(Beginning of DATASET)

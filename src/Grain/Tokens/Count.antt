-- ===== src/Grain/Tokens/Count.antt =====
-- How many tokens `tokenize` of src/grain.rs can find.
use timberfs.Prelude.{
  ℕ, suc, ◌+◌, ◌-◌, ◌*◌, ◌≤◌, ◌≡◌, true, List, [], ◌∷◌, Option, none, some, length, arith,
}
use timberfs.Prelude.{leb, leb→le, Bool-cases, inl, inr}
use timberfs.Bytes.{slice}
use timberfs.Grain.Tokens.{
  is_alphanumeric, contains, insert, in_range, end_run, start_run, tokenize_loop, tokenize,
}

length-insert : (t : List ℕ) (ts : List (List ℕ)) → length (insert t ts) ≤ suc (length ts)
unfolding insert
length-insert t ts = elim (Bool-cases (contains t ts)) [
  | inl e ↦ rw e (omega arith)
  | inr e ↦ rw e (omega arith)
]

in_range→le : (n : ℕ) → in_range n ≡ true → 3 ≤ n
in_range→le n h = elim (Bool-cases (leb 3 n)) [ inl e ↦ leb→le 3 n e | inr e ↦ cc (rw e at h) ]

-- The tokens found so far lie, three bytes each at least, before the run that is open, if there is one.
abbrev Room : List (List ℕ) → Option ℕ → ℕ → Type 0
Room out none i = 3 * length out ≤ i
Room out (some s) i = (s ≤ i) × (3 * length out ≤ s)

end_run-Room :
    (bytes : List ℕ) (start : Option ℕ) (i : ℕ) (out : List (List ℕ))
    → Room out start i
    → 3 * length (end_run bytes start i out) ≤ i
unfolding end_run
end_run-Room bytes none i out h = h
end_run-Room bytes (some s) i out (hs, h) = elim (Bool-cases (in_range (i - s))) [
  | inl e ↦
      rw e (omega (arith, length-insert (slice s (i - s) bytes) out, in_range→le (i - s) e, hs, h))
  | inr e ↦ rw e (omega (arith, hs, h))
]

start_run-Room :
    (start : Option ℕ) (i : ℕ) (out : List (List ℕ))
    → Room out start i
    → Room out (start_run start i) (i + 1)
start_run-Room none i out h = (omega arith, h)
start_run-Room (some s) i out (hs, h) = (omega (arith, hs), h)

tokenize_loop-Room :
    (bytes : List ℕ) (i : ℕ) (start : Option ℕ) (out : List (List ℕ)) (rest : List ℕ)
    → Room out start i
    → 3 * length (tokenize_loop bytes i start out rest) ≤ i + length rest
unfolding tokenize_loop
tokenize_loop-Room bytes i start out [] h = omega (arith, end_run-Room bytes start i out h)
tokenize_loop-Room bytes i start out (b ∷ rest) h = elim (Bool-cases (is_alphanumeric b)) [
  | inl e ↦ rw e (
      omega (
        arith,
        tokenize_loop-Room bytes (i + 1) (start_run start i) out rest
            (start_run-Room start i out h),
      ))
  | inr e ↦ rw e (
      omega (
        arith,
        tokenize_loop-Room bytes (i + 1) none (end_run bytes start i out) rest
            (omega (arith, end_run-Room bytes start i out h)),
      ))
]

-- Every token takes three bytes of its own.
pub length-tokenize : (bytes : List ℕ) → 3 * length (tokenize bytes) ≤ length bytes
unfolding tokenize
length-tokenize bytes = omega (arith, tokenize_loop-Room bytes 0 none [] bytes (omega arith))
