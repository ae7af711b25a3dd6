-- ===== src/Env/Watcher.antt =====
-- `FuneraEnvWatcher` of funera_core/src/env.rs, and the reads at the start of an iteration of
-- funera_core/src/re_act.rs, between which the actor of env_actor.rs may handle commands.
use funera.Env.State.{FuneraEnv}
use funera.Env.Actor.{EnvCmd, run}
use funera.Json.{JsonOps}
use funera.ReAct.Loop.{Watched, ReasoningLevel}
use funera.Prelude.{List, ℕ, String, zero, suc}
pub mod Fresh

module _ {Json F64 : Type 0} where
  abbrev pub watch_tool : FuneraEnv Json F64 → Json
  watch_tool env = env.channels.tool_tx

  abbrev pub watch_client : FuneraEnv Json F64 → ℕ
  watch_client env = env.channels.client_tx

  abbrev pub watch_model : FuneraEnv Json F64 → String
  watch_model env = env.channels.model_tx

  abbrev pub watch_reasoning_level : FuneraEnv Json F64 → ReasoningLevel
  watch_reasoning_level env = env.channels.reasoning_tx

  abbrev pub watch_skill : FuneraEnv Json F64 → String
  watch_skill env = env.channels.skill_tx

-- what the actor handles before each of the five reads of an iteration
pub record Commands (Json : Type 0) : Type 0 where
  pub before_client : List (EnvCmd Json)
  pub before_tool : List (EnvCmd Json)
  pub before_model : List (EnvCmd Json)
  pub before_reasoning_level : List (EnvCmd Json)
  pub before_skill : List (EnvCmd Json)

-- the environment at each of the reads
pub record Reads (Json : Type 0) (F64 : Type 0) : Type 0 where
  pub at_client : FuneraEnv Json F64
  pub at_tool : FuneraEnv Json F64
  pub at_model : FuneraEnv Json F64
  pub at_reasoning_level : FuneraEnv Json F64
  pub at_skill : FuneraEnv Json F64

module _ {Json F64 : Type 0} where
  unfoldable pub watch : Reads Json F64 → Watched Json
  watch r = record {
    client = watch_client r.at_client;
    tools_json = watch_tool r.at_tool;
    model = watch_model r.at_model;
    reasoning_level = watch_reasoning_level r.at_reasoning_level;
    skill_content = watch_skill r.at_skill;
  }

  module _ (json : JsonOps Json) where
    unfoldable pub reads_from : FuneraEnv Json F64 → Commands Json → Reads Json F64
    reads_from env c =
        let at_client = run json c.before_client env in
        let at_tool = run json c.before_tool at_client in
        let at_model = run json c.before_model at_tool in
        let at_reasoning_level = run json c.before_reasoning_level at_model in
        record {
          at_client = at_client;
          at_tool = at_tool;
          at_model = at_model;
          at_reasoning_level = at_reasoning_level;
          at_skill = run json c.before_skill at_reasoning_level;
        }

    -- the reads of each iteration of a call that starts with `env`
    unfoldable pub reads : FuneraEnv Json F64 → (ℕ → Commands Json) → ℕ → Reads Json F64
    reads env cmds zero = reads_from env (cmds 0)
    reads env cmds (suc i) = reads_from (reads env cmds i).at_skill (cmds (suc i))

(End of DATASET)

List all lines above in which the string "record" appears.

#### ANSWER SPACE:
pub record Commands (Json : Type 0) : Type 0 where
pub record Reads (Json : Type 0) (F64 : Type 0) : Type 0 where
  watch r = record {
        record {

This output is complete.